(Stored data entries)
%%
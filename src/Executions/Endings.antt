-- ===== src/Executions/Endings.antt =====
-- The end of an execution in apps/api/apps/executions/services.py, and its heartbeat, keep what had
-- ended.
use Prim.Native.Nat.{ℕ}
use Prim.Native.String.{String}
use mathlib.Core.Path.{◌≡◌, refl}
use mathlib.Core.Bool.{true, false}
use mathlib.Core.Option.{Option, none, some}
use mathlib.Core.Logic.{◌⊎◌, inl, inr}
use native.Mathlib.Omega.{arith}
use runbook_platform.Prelude.Tests.{Bool-cases, Option-cases, ◌==◌, nat_eq}
use runbook_platform.Prelude.Tables.{find_row, find_row-update_row, update_row}
use runbook_platform.Prelude.Effects.{continue, Result, ok, err, Error, ◌>>◌, raise_if, atomic}
use runbook_platform.Store.{World}
use runbook_platform.Executions.Model.{
  Execution, execution_row, ExecutionStatus, step_row, status_value,
}
use runbook_platform.Executions.Completion.{
  is_outcome, is_underway, write_finished, save_completion, close_lease, announce_end,
  completion_event_type, check_completion, finish_locked, settle_completion, complete_execution,
  heartbeat_execution, after_hook,
}
use runbook_platform.Executions.Finality.{
  SameOutcome, SameOutcome-refl, KeepsFinal, KeepsFinal-refl,
}
use runbook_platform.Runners.Model.{LeaseStatus}
use runbook_platform.Executions.Steps.{check_ownership}
use runbook_platform.Changes.Frame.{Frames-handle_bound, Frames-assert_ready, Frames-enforce}
use runbook_platform.Changes.Completion.{
  SameExecutions, ChangeGuards, assert_execution_change_binding_ready,
  enforce_emergency_expiry_for_execution, handle_bound_execution_completed,
}
use runbook_platform.Executions.Outcomes.{
  KeepsFinal-same, write_open-KeepsFinal, id-write_finished, rollback-KeepsFinal,
  continue-KeepsFinal, locked-KeepsFinal,
}

pub world-after_hook :
    (e : Execution) (r : Result (Unit {0})) (w : World) → (after_hook e r w).1 ≡ w
unfolding after_hook
world-after_hook e (ok x) w = refl
world-after_hook e (err error) w = ground arith

module _ (guards : ChangeGuards) where
  -- The hook and the messages write no execution and no step.
  settle_completion-KeepsFinal :
      (outcome : ExecutionStatus) (now : ℕ) (e : Execution) (w : World)
      → KeepsFinal (settle_completion guards outcome now e w).1 w
  unfolding settle_completion close_lease announce_end
  settle_completion-KeepsFinal outcome now e w =
      let before =
        close_lease e.id LeaseStatus.released (status_value outcome) now
          (announce_end (completion_event_type outcome) e w) in
      let same = (Frames-handle_bound guards e now).frame before in
      let hooked =
        world-after_hook e (handle_bound_execution_completed guards e now before).0
          (handle_bound_execution_completed guards e now before).1 in
      KeepsFinal-same (rw hooked same.executions) (rw hooked same.steps)

  module _ (runner_id claim_token : String) (outcome : ExecutionStatus) (now : ℕ) where
    check_open :
        (e : Execution)
        → check_completion e runner_id claim_token outcome ≡ none
        → is_outcome e.status ≡ false
    unfolding check_completion
    check_open e h = ground arith

    save_after-KeepsFinal :
        (e : Execution) (r : Result (Unit {0})) (v w : World)
        → SameExecutions v w
        → find_row e.id w.executions ≡ some e
        → is_outcome e.status ≡ false
        → KeepsFinal
            (continue r
              (λ _ (u : World).
                (ok (write_finished outcome now e), save_completion e runner_id outcome now u))
              v).1
            w
    unfolding save_completion
    save_after-KeepsFinal e (ok x) v w same at open_yet =
        write_open-KeepsFinal e (write_finished outcome now) _ w (id-write_finished outcome now) at
          open_yet (rw same.executions refl) same.steps
    save_after-KeepsFinal e (err error) v w same at open_yet =
        KeepsFinal-same same.executions same.steps

    finish_found-KeepsFinal :
        (e : Execution) (o : Option Error) (w : World)
        → check_completion e runner_id claim_token outcome ≡ o
        → find_row e.id w.executions ≡ some e
        → KeepsFinal
            ((do
              raise_if o
              assert_execution_change_binding_ready guards e runner_id claim_token now
              λ (u : World).
                  (ok (write_finished outcome now e), save_completion e runner_id outcome now u))
              w).1
            w
    finish_found-KeepsFinal e (some error) w h at = KeepsFinal-refl w
    finish_found-KeepsFinal e none w h at =
        let m = assert_execution_change_binding_ready guards e runner_id claim_token now in
        save_after-KeepsFinal e (m w).0 (m w).1 w
          ((Frames-assert_ready guards e runner_id claim_token now).frame w) at (check_open e h)

    finish_locked-KeepsFinal :
        (id : ℕ) (w : World)
        → KeepsFinal (finish_locked guards id runner_id claim_token outcome now w).1 w
    unfolding finish_locked
    finish_locked-KeepsFinal id w =
        locked-KeepsFinal
          (λ e. do
            raise_if (check_completion e runner_id claim_token outcome)
            assert_execution_change_binding_ready guards e runner_id claim_token now
            λ (u : World).
                (ok (write_finished outcome now e), save_completion e runner_id outcome now u))
          id w _ refl (λ e at. finish_found-KeepsFinal e _ w refl at)

    pub complete_execution-KeepsFinal :
        (id : ℕ) (w : World)
        → KeepsFinal (complete_execution guards id runner_id claim_token outcome now w).1 w
    unfolding complete_execution
    complete_execution-KeepsFinal id w =
        let m = finish_locked guards id runner_id claim_token outcome now in
        let done = atomic m w in
        continue-KeepsFinal w (settle_completion guards outcome now) done.0 done.1
          (rollback-KeepsFinal w (m w).0 (m w).1 (finish_locked-KeepsFinal id w))
          (λ e. settle_completion-KeepsFinal outcome now e done.1)

  heartbeat_saved-KeepsFinal :
      (seen : Execution) (now : ℕ) (r : Result (Unit {0})) (v w : World)
      → SameExecutions v w
      → KeepsFinal
          (continue r
            (λ _ (u : World). (
              ok (record seen { last_heartbeat_at = some now }),
              record u {
                executions =
                    update_row seen.id
                      (λ e. record e { last_heartbeat_at = some now })
                      u.executions;
              },
            ))
            v).1
          w
  heartbeat_saved-KeepsFinal seen now (err error) v w same =
      KeepsFinal-same same.executions same.steps
  heartbeat_saved-KeepsFinal seen now (ok x) v w same = record {
    executions = λ k e found done. beaten k e found (Bool-cases (seen.id == k));
    steps = λ k s found done. rw same.steps found;
  }
    where
      write : Execution → Execution
      write e = record e { last_heartbeat_at = some now }

      beaten :
          (k : ℕ) (e : Execution)
          → find_row k w.executions ≡ some e
          → ((seen.id == k) ≡ true) ⊎ ((seen.id == k) ≡ false)
          → (f : Execution) × (find_row k (update_row seen.id write v.executions) ≡ some f)
            × SameOutcome f e
      beaten k e found (inl here) = (
        write e,
        rw
            (
              same.executions,
              find_row-update_row k seen.id write w.executions (λ y. refl),
              here,
              found,
            )
            refl,
        record { status = refl; started_at = refl; finished_at = refl },
      )
      beaten k e found (inr away) = (
        e,
        rw
            (
              same.executions,
              find_row-update_row k seen.id write w.executions (λ y. refl),
              away,
              found,
            )
            refl,
        SameOutcome-refl e,
      )

  -- A heartbeat saves its instant and nothing else.
  pub heartbeat_execution-KeepsFinal :
      (seen : Execution) (runner_id claim_token : String) (now : ℕ) (w : World)
      → KeepsFinal (heartbeat_execution guards seen runner_id claim_token now w).1 w
  unfolding heartbeat_execution
  heartbeat_execution-KeepsFinal seen runner_id claim_token now w =
      elim (Bool-cases (is_underway seen.status)) [
        | inr ended ↦ rw ended (KeepsFinal-refl w)
        | inl open_yet ↦
            rw open_yet (elim (Option-cases (check_ownership seen runner_id claim_token)) [
              | inr (error, denied) ↦ rw denied (KeepsFinal-refl w)
              | inl owned ↦
                  let m = enforce_emergency_expiry_for_execution guards seen now w in
                  rw owned (
                    heartbeat_saved-KeepsFinal seen now m.0 m.1 w
                      ((Frames-enforce guards seen now).frame w))
            ])
      ]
%%
WHAT TO PRODUCE
The answer must consist of each line in the entries above that includes "ended".

TASK SOLUTION
-- ended.
        | inr ended ↦ rw ended (KeepsFinal-refl w)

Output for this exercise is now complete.